Vanilla Bayesian Optimization Performs Great in High Dimensions
Carl Hvarfner, Erik Orm Hellsten, Luigi Nardi
TL;DR
The paper tackles the long standing claim that Bayesian optimization struggles in high dimensions due to strong model complexity. It shows that vanilla BO can perform poorly when the GP lengthscale prior inflates complexity with dimensionality, and proposes a simple fix by scaling the lengthscale prior with dimension, e.g. $ u_i \sim \text{LogNormal}(\mu_0 + \tfrac{\log D}{2}, \sigma_0)$, to keep correlation meaningful across dimensions. With this plug in, the authors demonstrate that vanilla BO drastically outperforms state of the art high dimensional BO methods on multiple real world tasks, effectively handling thousands of dimensions.
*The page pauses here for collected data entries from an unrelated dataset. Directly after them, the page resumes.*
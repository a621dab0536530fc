-- ===== src/Mutation/Compaction.antt =====
-- Compaction of a settled operation (src/mutation.rs): the content bodies of its plan are cleared,
-- and each step's serialized size and keyed fingerprint are recorded in the plan's metadata.
-- `serde_json::to_string` and the caller's fingerprint are parameters.
pub mod Bodies
pub mod Valid
use Prim.Native.String.{len}
use nowledge.Prelude.{
  ℕ, String, str_eq, Bool, true, false, ◌||◌, not, Option, none, some, List, [], ◌∷◌, map, Result,
  ok, err, ◌>>=◌, ◌>>◌, format, if◌then◌else◌,
}
use nowledge.Json.{
  pos_int, Value, null, boolean, number, string, array, object, Fields, end, field, insert_in,
  retain,
}
use nowledge.Models.History.{HistoryEvent}
use nowledge.Models.Context.{ContextNode, TraceRecord}
use nowledge.Models.Knowledge.{StateItem, InsightRecord, KnowledgeLink, SessionRecord}
use nowledge.Models.Documents.{SourceRevision, SourceDocument, IngestTaskResult}
use nowledge.Models.Harness.{HarnessComponentRevision, HarnessChangeVerdict}
use nowledge.Models.Evaluation.{RagEvalCaseResult, RagEvalOverview}
use nowledge.Models.Operations.{OperationResource, OperationStep, OperationPlan, OperationRecord}
use nowledge.Mutation.Checks.{Checked, invalid_plan}
use nowledge.Mutation.Records.{
  compacted_payloads_metadata_key, operation_is_settled, operation_is_compacted,
  validate_operation_record,
}

unfoldable pub clear_event : HistoryEvent → HistoryEvent
clear_event event = record event { text = ""; payload = null }

unfoldable pub clear_node : ContextNode → ContextNode
clear_node node = record node { body = "" }

unfoldable pub clear_document : SourceDocument → SourceDocument
clear_document document = record document { content = "" }

unfoldable pub is_row_identity : String → Bool
is_row_identity key =
    str_eq key "id"
    || str_eq key "snapshot_id"
    || str_eq key "tenant_id"
    || str_eq key "owner_user_id"

unfoldable pub clear_row : Value → Value
unfolding is_row_identity
clear_row (object fields) = object (retain is_row_identity fields)
clear_row _ = null

unfoldable pub clear_link : KnowledgeLink → KnowledgeLink
clear_link link = record link { evidence_text = none }

unfoldable pub clear_revision : HarnessComponentRevision → HarnessComponentRevision
clear_revision revision = record revision { content = null }

unfoldable pub clear_verdict : HarnessChangeVerdict → HarnessChangeVerdict
clear_verdict verdict = record verdict { evidence = null }

unfoldable pub clear_case_result : RagEvalCaseResult → RagEvalCaseResult
clear_case_result result = record result { answer = "" }

unfoldable pub clear_resource_bodies : OperationResource → OperationResource
unfolding clear_event clear_node clear_document clear_row clear_link clear_revision clear_verdict
    clear_case_result
clear_resource_bodies (OperationResource.history_events events) =
    OperationResource.history_events (map clear_event events)
clear_resource_bodies (OperationResource.context_nodes index_uid nodes) =
    OperationResource.context_nodes index_uid (map clear_node nodes)
clear_resource_bodies (OperationResource.state_item item) =
    OperationResource.state_item (record item { statement = ""; value = null })
clear_resource_bodies (OperationResource.insight entry) =
    OperationResource.insight (record entry { statement = "" })
clear_resource_bodies (OperationResource.source_revision revision) =
    OperationResource.source_revision (record revision { content = "" })
clear_resource_bodies (OperationResource.source_documents documents) =
    OperationResource.source_documents (map clear_document documents)
clear_resource_bodies (OperationResource.structured_rows rows) =
    OperationResource.structured_rows (map clear_row rows)
clear_resource_bodies (OperationResource.session entry) =
    OperationResource.session (record entry { messages = [] })
clear_resource_bodies (OperationResource.links entries) =
    OperationResource.links (map clear_link entries)
clear_resource_bodies (OperationResource.trace entry) =
    OperationResource.trace (record entry { stages = [] })
clear_resource_bodies (OperationResource.harness_components components edits) =
    OperationResource.harness_components components (map clear_revision edits)
clear_resource_bodies (OperationResource.harness_verdicts verdicts) =
    OperationResource.harness_verdicts (map clear_verdict verdicts)
clear_resource_bodies (OperationResource.ingest_result result) =
    OperationResource.ingest_result (record result { parsed_blocks = [] })
clear_resource_bodies (OperationResource.eval_case_results results) =
    OperationResource.eval_case_results (map clear_case_result results)
clear_resource_bodies (OperationResource.eval_overview overview) =
    OperationResource.eval_overview (record overview { overview_markdown = "" })
clear_resource_bodies resource = resource

unfoldable pub clear_step : OperationStep → OperationStep
clear_step step = record step { resource = clear_resource_bodies step.resource }

-- `match &plan.redacted_metadata { Object(m) => m.clone(), Null => Map::new(), _ => error }`.
unfoldable pub metadata_fields : Value → Checked Fields
metadata_fields (object fields) = ok fields
metadata_fields null = ok end
metadata_fields _ = err (invalid_plan "operation metadata must be an object")

-- The plan with its bodies cleared and the digests in its metadata.
unfoldable pub compacted_plan : OperationPlan → Fields → Fields → OperationPlan
compacted_plan plan metadata digests = record plan {
  primary = clear_step plan.primary;
  side_effects = map clear_step plan.side_effects;
  redacted_metadata = object (insert_in compacted_payloads_metadata_key (object digests) metadata);
}

-- `json!({ "bytes": …, "fingerprint": … })`.
unfoldable pub digest : (String → String) → String → Value
digest fingerprint serialized = object (
    field "bytes" (number (pos_int (len serialized)))
      (field "fingerprint" (string (fingerprint serialized)) end))

unfoldable pub serialized_step : OperationStep → Result String String → Checked String
serialized_step step (ok text) = ok text
serialized_step step (err error) =
    err
      (invalid_plan (format ("step `" ∷ step.id ∷ "` resource is not serializable: " ∷ error ∷ [])))

-- The payload's serializer, which may fail, and the caller's keyed fingerprint.
module _ (to_string : OperationResource → Result String String)
    (fingerprint : String → String) where
  unfoldable pub collect_digests : Fields → List OperationStep → Checked Fields
  collect_digests digests [] = ok digests
  collect_digests digests (step ∷ rest) = serialized_step step (to_string step.resource) >>= λ text.
      collect_digests (insert_in step.id (digest fingerprint text) digests) rest

  unfoldable pub compact : OperationRecord → Checked (Option OperationRecord)
  compact entry = do
    metadata ← metadata_fields entry.plan.redacted_metadata
    digests ← collect_digests end (entry.plan.primary ∷ entry.plan.side_effects)
    let compacted = record entry { plan = compacted_plan entry.plan metadata digests }
    validate_operation_record compacted
    ok (some compacted)

  unfoldable pub compact_settled_operation : OperationRecord → Checked (Option OperationRecord)
  compact_settled_operation entry =
      if not (operation_is_settled entry) || operation_is_compacted entry
      then ok none
      else compact entry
The result provides a practical, scalable, and general approach that broadens the applicability of GP based BO without imposing strong objective structure, while still acknowledging that specialized HDBO methods may win when problem structure aligns with their assumptions.
Abstract
High-dimensional problems have long been considered the Achilles' heel of Bayesian optimization algorithms. Spurred by the curse of dimensionality, a large collection of algorithms aim to make it more performant in this setting, commonly by imposing various simplifying assumptions on the objective. In this paper, we identify the degeneracies that make vanilla Bayesian optimization poorly suited to high-dimensional tasks, and further show how existing algorithms address these degeneracies through the lens of lowering the model complexity. Moreover, we propose an enhancement to the prior assumptions that are typical to vanilla Bayesian optimization algorithms, which reduces the complexity to manageable levels without imposing structural restrictions on the objective. Our modification - a simple scaling of the Gaussian process lengthscale prior with the dimensionality - reveals that standard Bayesian optimization works drastically better than previously thought in high dimensions, clearly outperforming existing state-of-the-art algorithms on multiple commonly considered real-world high-dimensional tasks.